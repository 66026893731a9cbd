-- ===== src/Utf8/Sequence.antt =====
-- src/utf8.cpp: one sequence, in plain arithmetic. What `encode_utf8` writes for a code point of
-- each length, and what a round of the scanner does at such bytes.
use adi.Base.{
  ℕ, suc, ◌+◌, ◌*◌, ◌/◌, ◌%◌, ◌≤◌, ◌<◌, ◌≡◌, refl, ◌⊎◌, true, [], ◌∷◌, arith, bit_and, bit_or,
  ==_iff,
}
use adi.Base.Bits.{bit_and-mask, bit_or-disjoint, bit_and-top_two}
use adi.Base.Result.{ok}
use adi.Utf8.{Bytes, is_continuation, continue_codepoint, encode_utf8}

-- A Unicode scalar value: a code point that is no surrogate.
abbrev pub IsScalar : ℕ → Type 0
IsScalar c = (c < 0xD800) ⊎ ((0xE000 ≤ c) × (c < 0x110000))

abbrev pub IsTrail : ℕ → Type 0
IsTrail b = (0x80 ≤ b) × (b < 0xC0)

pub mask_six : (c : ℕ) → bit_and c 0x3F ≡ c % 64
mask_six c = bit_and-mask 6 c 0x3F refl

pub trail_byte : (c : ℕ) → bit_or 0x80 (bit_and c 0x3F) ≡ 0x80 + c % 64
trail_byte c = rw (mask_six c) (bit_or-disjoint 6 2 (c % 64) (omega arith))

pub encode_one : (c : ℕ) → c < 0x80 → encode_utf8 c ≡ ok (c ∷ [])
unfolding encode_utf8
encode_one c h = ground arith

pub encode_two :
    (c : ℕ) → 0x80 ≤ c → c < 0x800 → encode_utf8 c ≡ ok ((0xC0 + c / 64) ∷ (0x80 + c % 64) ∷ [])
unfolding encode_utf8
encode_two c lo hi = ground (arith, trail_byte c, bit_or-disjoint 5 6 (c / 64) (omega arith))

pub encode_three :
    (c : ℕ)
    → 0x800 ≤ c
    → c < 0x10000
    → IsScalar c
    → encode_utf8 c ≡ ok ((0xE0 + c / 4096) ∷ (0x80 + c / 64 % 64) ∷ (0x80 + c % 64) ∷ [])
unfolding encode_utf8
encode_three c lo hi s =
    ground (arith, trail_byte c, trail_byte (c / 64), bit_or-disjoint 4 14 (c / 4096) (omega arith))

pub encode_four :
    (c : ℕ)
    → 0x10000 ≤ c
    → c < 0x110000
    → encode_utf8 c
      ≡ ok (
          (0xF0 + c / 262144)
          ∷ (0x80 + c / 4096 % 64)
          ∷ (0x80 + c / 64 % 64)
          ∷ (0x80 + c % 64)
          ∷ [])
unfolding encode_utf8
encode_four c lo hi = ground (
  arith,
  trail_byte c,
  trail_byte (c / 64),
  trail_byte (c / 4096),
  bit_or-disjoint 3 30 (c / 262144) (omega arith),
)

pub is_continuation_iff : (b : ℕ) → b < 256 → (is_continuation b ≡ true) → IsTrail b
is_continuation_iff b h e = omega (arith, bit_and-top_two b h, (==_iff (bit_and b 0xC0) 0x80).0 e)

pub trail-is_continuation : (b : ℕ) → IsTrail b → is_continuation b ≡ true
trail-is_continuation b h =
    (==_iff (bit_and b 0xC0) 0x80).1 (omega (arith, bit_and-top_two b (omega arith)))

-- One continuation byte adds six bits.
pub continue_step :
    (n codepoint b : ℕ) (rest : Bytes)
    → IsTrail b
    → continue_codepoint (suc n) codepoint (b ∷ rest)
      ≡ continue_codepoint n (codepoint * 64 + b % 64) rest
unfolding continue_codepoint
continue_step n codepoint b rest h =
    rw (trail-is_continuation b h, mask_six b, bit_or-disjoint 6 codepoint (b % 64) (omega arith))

######

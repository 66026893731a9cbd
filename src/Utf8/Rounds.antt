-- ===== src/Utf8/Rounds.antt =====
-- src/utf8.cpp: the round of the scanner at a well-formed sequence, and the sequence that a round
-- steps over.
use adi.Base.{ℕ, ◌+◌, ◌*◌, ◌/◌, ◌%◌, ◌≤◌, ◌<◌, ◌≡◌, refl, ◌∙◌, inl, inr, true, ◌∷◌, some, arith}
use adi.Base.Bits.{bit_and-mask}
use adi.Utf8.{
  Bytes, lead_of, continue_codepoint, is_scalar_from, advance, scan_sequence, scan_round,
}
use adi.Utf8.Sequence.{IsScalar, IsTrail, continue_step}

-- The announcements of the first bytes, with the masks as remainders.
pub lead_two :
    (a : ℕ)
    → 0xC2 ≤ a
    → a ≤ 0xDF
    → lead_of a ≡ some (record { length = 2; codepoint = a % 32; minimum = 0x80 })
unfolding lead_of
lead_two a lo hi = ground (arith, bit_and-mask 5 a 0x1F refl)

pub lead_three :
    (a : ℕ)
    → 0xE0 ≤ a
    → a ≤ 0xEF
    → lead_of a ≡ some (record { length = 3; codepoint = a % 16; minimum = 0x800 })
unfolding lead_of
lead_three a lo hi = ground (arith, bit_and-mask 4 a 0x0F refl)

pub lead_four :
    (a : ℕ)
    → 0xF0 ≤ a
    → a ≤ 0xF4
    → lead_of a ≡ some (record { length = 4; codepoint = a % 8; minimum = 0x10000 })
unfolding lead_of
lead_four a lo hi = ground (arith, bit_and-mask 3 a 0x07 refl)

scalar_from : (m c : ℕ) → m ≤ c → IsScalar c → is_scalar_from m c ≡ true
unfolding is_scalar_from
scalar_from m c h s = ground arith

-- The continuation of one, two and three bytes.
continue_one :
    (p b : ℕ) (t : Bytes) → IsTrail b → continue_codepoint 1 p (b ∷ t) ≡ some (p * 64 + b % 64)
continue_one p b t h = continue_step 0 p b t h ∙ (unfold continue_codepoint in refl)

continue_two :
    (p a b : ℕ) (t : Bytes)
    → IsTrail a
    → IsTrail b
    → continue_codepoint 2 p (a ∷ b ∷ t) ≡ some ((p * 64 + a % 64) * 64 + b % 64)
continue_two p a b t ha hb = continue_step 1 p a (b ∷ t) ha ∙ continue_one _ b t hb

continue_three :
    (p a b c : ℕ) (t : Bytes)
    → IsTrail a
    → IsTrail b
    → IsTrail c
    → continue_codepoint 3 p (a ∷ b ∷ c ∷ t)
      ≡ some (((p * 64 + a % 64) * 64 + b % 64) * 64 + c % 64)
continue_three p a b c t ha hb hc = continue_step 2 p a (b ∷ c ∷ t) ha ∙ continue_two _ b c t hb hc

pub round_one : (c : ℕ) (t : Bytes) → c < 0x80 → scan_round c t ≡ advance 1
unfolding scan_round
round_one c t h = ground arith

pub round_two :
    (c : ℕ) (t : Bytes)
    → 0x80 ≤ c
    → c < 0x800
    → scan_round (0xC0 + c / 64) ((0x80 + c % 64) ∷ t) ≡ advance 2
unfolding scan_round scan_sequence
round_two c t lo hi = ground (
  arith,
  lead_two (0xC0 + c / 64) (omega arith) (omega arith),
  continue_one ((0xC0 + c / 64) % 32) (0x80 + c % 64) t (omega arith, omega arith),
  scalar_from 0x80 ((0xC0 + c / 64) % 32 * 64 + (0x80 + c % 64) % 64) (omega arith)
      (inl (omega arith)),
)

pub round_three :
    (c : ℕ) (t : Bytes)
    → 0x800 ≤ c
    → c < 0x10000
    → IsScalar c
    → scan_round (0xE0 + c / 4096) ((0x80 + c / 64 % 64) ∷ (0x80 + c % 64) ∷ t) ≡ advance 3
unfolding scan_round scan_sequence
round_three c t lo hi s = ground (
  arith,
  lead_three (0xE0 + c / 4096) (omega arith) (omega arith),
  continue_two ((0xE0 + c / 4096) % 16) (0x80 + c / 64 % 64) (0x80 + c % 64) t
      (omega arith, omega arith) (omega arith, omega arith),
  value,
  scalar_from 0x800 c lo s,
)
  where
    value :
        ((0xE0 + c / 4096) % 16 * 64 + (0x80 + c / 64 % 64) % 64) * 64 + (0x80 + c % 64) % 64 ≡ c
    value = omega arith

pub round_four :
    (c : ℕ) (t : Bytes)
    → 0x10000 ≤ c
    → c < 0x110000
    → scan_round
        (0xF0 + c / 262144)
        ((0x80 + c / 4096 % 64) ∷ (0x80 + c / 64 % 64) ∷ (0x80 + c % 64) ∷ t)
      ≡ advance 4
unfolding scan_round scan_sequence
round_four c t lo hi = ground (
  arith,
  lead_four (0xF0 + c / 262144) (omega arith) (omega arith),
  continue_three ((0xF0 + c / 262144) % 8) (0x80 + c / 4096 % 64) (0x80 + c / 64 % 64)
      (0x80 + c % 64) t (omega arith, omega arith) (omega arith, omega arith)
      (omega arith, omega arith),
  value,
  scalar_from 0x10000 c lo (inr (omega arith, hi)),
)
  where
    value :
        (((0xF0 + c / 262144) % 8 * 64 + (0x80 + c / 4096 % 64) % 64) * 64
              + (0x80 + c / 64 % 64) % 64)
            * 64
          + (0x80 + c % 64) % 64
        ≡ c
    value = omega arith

######

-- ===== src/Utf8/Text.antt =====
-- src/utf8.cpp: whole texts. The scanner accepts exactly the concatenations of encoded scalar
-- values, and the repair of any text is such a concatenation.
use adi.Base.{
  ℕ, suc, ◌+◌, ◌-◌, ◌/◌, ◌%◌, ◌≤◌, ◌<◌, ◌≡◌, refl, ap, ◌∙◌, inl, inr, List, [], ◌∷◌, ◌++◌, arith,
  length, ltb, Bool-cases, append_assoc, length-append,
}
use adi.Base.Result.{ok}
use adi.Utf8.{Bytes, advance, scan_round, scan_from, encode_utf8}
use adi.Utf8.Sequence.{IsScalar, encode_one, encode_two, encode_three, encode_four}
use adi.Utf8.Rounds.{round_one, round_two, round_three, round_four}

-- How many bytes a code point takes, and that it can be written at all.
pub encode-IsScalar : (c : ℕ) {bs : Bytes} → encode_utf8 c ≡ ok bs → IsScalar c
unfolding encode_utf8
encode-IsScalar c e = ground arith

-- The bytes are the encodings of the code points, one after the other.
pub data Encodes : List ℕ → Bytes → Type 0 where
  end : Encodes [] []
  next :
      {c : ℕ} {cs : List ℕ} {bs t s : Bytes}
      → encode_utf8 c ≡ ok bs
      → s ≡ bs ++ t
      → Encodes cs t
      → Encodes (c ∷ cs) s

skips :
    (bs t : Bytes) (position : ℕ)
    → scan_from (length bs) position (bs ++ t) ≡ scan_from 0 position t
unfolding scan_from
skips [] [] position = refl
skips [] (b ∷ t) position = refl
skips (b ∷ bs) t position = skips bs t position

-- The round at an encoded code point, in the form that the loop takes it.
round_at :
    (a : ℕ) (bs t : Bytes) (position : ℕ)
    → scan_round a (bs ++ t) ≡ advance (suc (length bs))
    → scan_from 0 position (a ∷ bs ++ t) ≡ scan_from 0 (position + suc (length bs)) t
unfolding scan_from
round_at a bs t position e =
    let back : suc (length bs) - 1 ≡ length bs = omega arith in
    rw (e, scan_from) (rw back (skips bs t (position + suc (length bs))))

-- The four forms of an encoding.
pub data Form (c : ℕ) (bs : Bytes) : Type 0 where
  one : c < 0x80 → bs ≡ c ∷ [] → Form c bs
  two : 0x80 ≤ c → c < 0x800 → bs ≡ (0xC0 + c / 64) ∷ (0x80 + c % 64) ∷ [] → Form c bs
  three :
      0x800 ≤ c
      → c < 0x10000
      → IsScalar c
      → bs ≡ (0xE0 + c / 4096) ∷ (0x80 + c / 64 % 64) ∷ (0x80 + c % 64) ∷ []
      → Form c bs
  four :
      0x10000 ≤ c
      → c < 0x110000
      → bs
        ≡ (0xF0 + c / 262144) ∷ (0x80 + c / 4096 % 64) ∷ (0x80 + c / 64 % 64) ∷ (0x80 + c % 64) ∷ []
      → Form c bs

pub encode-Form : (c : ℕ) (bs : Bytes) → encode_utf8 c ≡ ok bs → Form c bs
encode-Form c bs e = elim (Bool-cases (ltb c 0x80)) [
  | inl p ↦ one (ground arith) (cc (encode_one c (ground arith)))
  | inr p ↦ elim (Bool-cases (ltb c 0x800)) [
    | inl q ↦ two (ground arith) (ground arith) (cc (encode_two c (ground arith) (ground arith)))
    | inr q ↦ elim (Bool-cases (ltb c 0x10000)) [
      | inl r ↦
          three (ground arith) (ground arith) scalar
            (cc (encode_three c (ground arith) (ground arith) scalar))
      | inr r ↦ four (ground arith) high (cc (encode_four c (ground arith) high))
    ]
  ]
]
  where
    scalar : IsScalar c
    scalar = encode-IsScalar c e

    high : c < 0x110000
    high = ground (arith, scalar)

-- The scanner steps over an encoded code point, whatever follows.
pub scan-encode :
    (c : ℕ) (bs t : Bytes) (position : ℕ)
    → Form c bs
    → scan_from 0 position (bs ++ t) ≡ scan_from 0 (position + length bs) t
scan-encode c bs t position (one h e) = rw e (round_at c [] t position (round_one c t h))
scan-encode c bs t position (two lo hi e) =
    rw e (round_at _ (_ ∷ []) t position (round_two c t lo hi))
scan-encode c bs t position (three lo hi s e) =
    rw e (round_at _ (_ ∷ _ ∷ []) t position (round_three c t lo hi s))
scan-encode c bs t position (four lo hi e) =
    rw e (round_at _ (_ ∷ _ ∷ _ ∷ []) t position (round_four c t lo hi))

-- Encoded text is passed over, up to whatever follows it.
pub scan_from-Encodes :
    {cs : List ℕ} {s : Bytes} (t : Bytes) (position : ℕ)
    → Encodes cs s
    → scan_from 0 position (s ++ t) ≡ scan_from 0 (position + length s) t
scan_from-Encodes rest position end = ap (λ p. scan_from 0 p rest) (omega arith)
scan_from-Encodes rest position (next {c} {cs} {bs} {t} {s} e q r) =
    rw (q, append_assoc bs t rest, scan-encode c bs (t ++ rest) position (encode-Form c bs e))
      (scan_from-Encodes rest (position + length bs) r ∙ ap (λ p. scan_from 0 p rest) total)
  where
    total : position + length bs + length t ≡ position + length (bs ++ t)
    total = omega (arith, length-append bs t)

######

Only the lines above from the one with "-- Encoded text" through the one with "length s) t" should be duplicated, character for character.

-- Encoded text is passed over, up to whatever follows it.
pub scan_from-Encodes :
    {cs : List ℕ} {s : Bytes} (t : Bytes) (position : ℕ)
    → Encodes cs s
    → scan_from 0 position (s ++ t) ≡ scan_from 0 (position + length s) t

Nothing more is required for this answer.